8 bit character encoding [bxrne]

EBCDIC

EBCDIC (Extended Binary Coded Decimal Interchange Code) is an 8-bit character encoding used primarily on IBM mainframe and midrange computer systems. It was developed by IBM in the early 1960s as an extension of the earlier BCD (Binary-Coded Decimal) encoding. EBCDIC was designed to facilitate data interchange between IBM systems and to support the representation of both alphanumeric characters and control characters.

Form

EBCDIC uses 8 bits to represent each character, allowing for a total of 256 possible characters. The encoding includes uppercase and lowercase letters, digits, punctuation marks, special symbols, and control characters. However, the arrangement of characters in EBCDIC is different from the more widely used ASCII (American Standard Code for Information Interchange) encoding.

Usage

EBCDIC was widely used in IBM mainframe environments for data storage, processing, and communication. It was particularly prevalent in industries such as banking, insurance, and government, where IBM mainframes were commonly employed. EBCDIC was used for text files, databases, and communication protocols within IBM systems.

You may see this encoding in financial systems, and any legacy system that has been running on IBM mainframes for a long time and now downstream exporters/providers need to deal with it.

It was run mainly on mainframes like the IBM System/360 and its successors, as well as IBM midrange systems like the AS/400 (now known as IBM i).

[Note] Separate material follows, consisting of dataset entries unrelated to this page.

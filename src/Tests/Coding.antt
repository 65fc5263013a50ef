-- ===== src/Tests/Coding.antt =====
-- The parameter sets of H264 at concrete inputs.
use driver_uu_remote.Base.{ℕ, ◌≤◌, ◌≡◌, refl, List, [], ◌∷◌, ◌++◌, some, length, replicate, arith}
use driver_uu_remote.Base.Int.{pos, negsuc}
use driver_uu_remote.H264.Writer.{BitWriter, cleared, bw_ue}
use driver_uu_remote.H264.Writer.Laws.{written, cleared-IsWriter}
use driver_uu_remote.H264.Golomb.{read_ue, read_ue-bw_ue}
use driver_uu_remote.H264.Nal.{append_nal, nal_loop}
use driver_uu_remote.H264.Nal.Laws.{read_nal, payload, read_nal-append_nal, append_nal-NoStart}
use driver_uu_remote.H264.Params.{PicParams, Sample, DecoderBuffer, build_h264_parameter_sets}
use driver_uu_remote.H264.Params.Laws.{IsPic}
use driver_uu_remote.H264.Params.Units.{length-build_h264_parameter_sets}

-- Two zero bytes and a byte 1, which is escaped.
abbrev start_like : BitWriter
start_like = record { bytes = 0 ∷ 0 ∷ 1 ∷ replicate 253 0; bits = 24 }

escaped : append_nal [] 0x67 start_like ≡ 0 ∷ 0 ∷ 0 ∷ 1 ∷ 0x67 ∷ 0 ∷ 0 ∷ 3 ∷ 1 ∷ []
unfolding append_nal nal_loop
escaped = refl

read_nal-append_nal_example :
    (unit : List ℕ) × (append_nal (9 ∷ []) 0x67 start_like ≡ 9 ∷ unit)
    × (read_nal unit ≡ some (0x67, payload start_like))
read_nal-append_nal_example = read_nal-append_nal (9 ∷ []) 0x67 start_like

append_nal-NoStart_example : 3 ≤ 3
unfolding append_nal nal_loop
append_nal-NoStart_example =
    append_nal-NoStart [] 0x67 start_like (0x67 ∷ []) 3 (1 ∷ []) (omega arith) refl

read_ue-bw_ue_example :
    (code : List ℕ) × (written (bw_ue cleared 6) ≡ written cleared ++ code)
    × ((rest : List ℕ) → read_ue (code ++ rest) ≡ some (6, rest))
read_ue-bw_ue_example = read_ue-bw_ue cleared 6 cleared-IsWriter (omega arith) (omega arith)

abbrev main_profile : PicParams
main_profile = record {
  chroma_format_idc = 1;
  residual_colour_transform_flag = 0;
  bit_depth_luma_minus8 = 0;
  bit_depth_chroma_minus8 = 0;
  log2_max_frame_num_minus4 = 4;
  pic_order_cnt_type = 0;
  log2_max_pic_order_cnt_lsb_minus4 = 4;
  delta_pic_order_always_zero_flag = 0;
  num_ref_frames = 2;
  frame_width_in_mbs_minus1 = 119;
  frame_height_in_mbs_minus1 = 67;
  frame_mbs_only_flag = 1;
  mbaff_frame_flag = 0;
  direct_8x8_inference_flag = 1;
  entropy_coding_mode_flag = 1;
  pic_order_present_flag = 0;
  num_slice_groups_minus1 = 0;
  num_ref_idx_l0_active_minus1 = 0;
  num_ref_idx_l1_active_minus1 = 0;
  weighted_pred_flag = 0;
  weighted_bipred_idc = 0;
  pic_init_qp_minus26 = negsuc 2;
  pic_init_qs_minus26 = pos 0;
  chroma_qp_index_offset = negsuc 1;
  deblocking_filter_control_present_flag = 1;
  constrained_intra_pred_flag = 0;
  redundant_pic_cnt_present_flag = 0;
  transform_8x8_mode_flag = 1;
  second_chroma_qp_index_offset = negsuc 1;
}

abbrev full_hd : Sample
full_hd = record { width = 1920; height = 1080 }

main_profile-IsPic : IsPic main_profile
main_profile-IsPic = omega arith

-- A structure of one byte, and its reader.
abbrev submitted : DecoderBuffer
submitted = record { memory = some (1 ∷ []); capacity = 4096; offset = 0; size = 1 }

length-build_h264_parameter_sets_example :
    length (build_h264_parameter_sets 1 (λ memory. main_profile) submitted full_hd) ≤ 600
length-build_h264_parameter_sets_example =
    length-build_h264_parameter_sets 1 (λ memory. main_profile) (λ memory. main_profile-IsPic)
      submitted full_hd
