-- ===== src/Tests/Decoding.antt =====
-- The decoder of Dxva at concrete inputs.
use driver_uu_remote.Base.{
  ℕ, ◌*◌, ◌/◌, ◌≤◌, ◌≡◌, refl, sym, ap, ◌∙◌, length-replicate, true, false, List, [], ◌∷◌, ◌++◌,
  none, some, length, replicate, All, arith,
}
use driver_uu_remote.Base.Int.{pos}
use driver_uu_remote.H264.Params.{DecoderBuffer}
use driver_uu_remote.Wire.{HelperReply, reply_bytes, read_reply, read_le, le_bytes, frame_bytes}
use driver_uu_remote.Transport.{Conn, moved, socket_send_all, send_loop, socket_recv_all, recv_loop}
use driver_uu_remote.Dxva.Buffers.{s_ok, e_fail, no_buffer, BufferDesc, context_submit}
use driver_uu_remote.Dxva.Buffers.Laws.{IsBuffers, IsBuffer, InBounds, context_submit-IsBuffers}
use driver_uu_remote.Dxva.Decoder.{BridgeDecoder, Probe, ConnectWorld, decoder_connect}
use driver_uu_remote.Dxva.Upload.{
  texture, output_extent, copies, upload_nv12, upload_texture, fit_width, fit_height, even,
  upload_bytes,
}
use driver_uu_remote.Dxva.Upload.Copies.{InRange, copies-InRange}
use driver_uu_remote.Dxva.EndFrame.{
  FrameWorld, Outcome, send_on, receive_on, is_accepted, upload_frame, decode_exchange, disconnect,
  receive_frame, expected_size, max_payload, bitstream, packet_header,
}
use driver_uu_remote.Dxva.EndFrame.Laws.{
  Decoded, decode_exchange-Decoded, decoder_connect-disconnect, receive_frame-size,
}

abbrev two_bytes : DecoderBuffer
two_bytes = record { memory = some (1 ∷ 2 ∷ []); capacity = 2; offset = 0; size = 2 }

abbrev some_buffers : List DecoderBuffer
some_buffers = two_bytes ∷ replicate 8 no_buffer

some_buffers-IsBuffers : IsBuffers some_buffers
unfolding IsBuffers IsBuffer InBounds
some_buffers-IsBuffers = (
  refl,
  ((refl, omega arith), (none', (none', (none', (none', (none', (none', (none', (none', tt))))))))),
)
  where
    none' : ◌≡◌ {A = ℕ} 0 0 × ◌≡◌ {A = ℕ} 0 0
    none' = (refl, refl)

-- The second descriptor goes beyond the memory of its buffer.
abbrev descriptors : List BufferDesc
descriptors =
    record { buffer_type = 0; data_offset = 1; data_size = 1 }
    ∷ record { buffer_type = 0; data_offset = 1; data_size = 2 }
    ∷ []

context_submit-IsBuffers_example : IsBuffers (context_submit true some_buffers descriptors).1
context_submit-IsBuffers_example =
    context_submit-IsBuffers true some_buffers descriptors some_buffers-IsBuffers

length-replicate-some :
    (n : ℕ) (memory : List ℕ) → some (replicate n 0) ≡ some memory → length memory ≡ n
length-replicate-some n memory e = ap length (sym (same e)) ∙ length-replicate n 0
  where
    same : some (replicate n 0) ≡ some memory → replicate n 0 ≡ memory
    same p = cc

copies-InRange_example :
    All
      (InRange (1280 * 800 * 3 / 2) (1920 * 1080 * 3 / 2))
      (copies 1920 1080 1280 800 (output_extent 1920 1080 1280 800))
copies-InRange_example = copies-InRange 1920 1080 1280 800 (omega arith) (omega arith) (omega arith)

-- A picture of two by two pixels comes back.
abbrev picture_reply : HelperReply
picture_reply = record {
  magic = 0x31464d41;
  type = 3;
  status = 0;
  payload_size = 6;
  width = 2;
  height = 2;
}

abbrev decoded_picture : List ℕ
decoded_picture = 16 ∷ 17 ∷ 18 ∷ 19 ∷ 128 ∷ 129 ∷ []

abbrev decoder_link : Conn
decoder_link = record {
  incoming = reply_bytes picture_reply ++ decoded_picture;
  answers = moved 99 ∷ moved 99 ∷ moved 99 ∷ moved 99 ∷ [];
  sent = [];
}

abbrev behind_reply : Conn
behind_reply = record {
  incoming = decoded_picture;
  answers = [];
  sent = frame_bytes (packet_header (9 ∷ []) two_bytes) ++ (9 ∷ 1 ∷ 2 ∷ []);
}

accepted : decode_exchange decoder_link (9 ∷ []) two_bytes ≡ some (picture_reply, behind_reply)
unfolding decode_exchange send_on receive_on bitstream packet_header is_accepted socket_send_all
    send_loop socket_recv_all recv_loop read_reply read_le reply_bytes le_bytes frame_bytes
accepted = refl

decode_exchange-Decoded_example : Decoded decoder_link (9 ∷ []) two_bytes picture_reply behind_reply
decode_exchange-Decoded_example =
    decode_exchange-Decoded decoder_link (9 ∷ []) two_bytes picture_reply behind_reply accepted

abbrev system : ConnectWorld
system = record { now = 5000; later = 5010; port = none; has_socket = true; connect = λ port. none }

abbrev small_texture : FrameWorld
small_texture = record {
  tick = 5000;
  connecting = system;
  later = 5020;
  grows_frame = true;
  grows_upload = true;
  target = texture (record { is_nv12 = true; width = 2; height = 2 });
}

abbrev linked_decoder : BridgeDecoder
linked_decoder = record {
  buffers = some_buffers;
  sample = record { width = 2; height = 2 };
  frame = [];
  frame_capacity = 0;
  upload_capacity = 0;
  helper = some decoder_link;
  retry_after = 0;
}

abbrev not_probed : Probe
not_probed = record { result = pos 0; time = 0 }

decoder_connect-disconnect_example :
    let lost : Outcome = disconnect small_texture e_fail linked_decoder in
    decoder_connect (record system { now = 6019 }) lost.decoder lost.probe
    ≡ (false, lost.decoder, lost.probe)
decoder_connect-disconnect_example =
    decoder_connect-disconnect small_texture e_fail linked_decoder (record system { now = 6019 })
      (omega arith) (omega arith)

abbrev more_answers : Conn
more_answers = record behind_reply { answers = moved 99 ∷ [] }

taken :
    (receive_frame small_texture linked_decoder not_probed picture_reply more_answers).result ≡ s_ok
unfolding receive_frame receive_on expected_size socket_recv_all recv_loop upload_frame upload_nv12
    upload_texture output_extent fit_width fit_height even upload_bytes
taken = refl

receive_frame-size_example :
    let after : Outcome =
      receive_frame small_texture linked_decoder not_probed picture_reply more_answers in
    (length after.decoder.frame ≡ 6)
    × (expected_size picture_reply ≡ 6)
    × (6 ≤ max_payload)
    × (6 ≤ after.decoder.frame_capacity)
receive_frame-size_example =
    receive_frame-size small_texture linked_decoder not_probed picture_reply more_answers taken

Over time, EBCDIC has been largely supplanted by ASCII and Unicode in many applications, but it remains in use in certain legacy systems and environments.

DB2 databases running on z/OS, for example, often use EBCDIC encoding for character data. When transferring data between EBCDIC and ASCII systems, conversion is typically required to ensure proper representation of characters.

These machines likely are not going anywhere soon, so knowledge of EBCDIC is still relevant for maintaining and interacting with legacy systems as they are usually the core of the data processing in verticals: medical, finance, government.

Differences from ASCII

One of the key differences between EBCDIC and ASCII is the arrangement of characters. For example

In EBCDIC, the uppercase letters ‘A’ to ‘Z’ are represented by the hexadecimal values 0xC1 to 0xE9, while in ASCII, they are represented by 0x41 to 0x5A.
The lowercase letters ‘a’ to ‘z’ in EBCDIC are represented by 0x81 to 0xA9, while in ASCII, they are represented by 0x61 to 0x7A.
The digits ‘0’ to ‘9 ’ in EBCDIC are represented by 0xF0 to 0xF9, while in ASCII, they are represented by 0x30 to 0x39.
Control characters also differ between the two encodings.

How did i run into it?

Trying to parse some legacy data files to benchmark a parser I’m writing in OCaml; to then map to a domain model which could be persisted anywhere. The files had a few different types, some were in ASCII and some encoded as EBCDIC. I used a pretty straightforward table mapping to convert the bytes to characters.


let ebcdic_to_ascii_table = [|
  (* 0x00 - 0x0F *)
  '\000'; '\001'; '\002'; '\003'; '\004'; '\005'; '\006'; '\007';
  '\010'; '\011'; '\012'; '\013'; '\014'; '\015'; '\016'; '\017';
  (* 0x10 - 0x1F *)
  '\020'; '\021'; '\022'; '\023'; '\024'; '\025'; '\026'; '\027';
  '\028'; '\029'; '\030'; '\031'; '\032'; '\033'; '\034'; '\035';
  (* ... fill in the rest of the table ... *)
|]

let ebcdic_to_ascii (ebcdic_byte: char) : char =
  let index = Char.code ebcdic_byte in
  ebcdic_to_ascii_table.(index)

This function takes an EBCDIC-encoded byte (as a character) and returns the corresponding ASCII character by looking it up in the ebcdic_to_ascii_table. You would need to fill in the complete mapping table for all 256 possible byte values to make this function fully functional.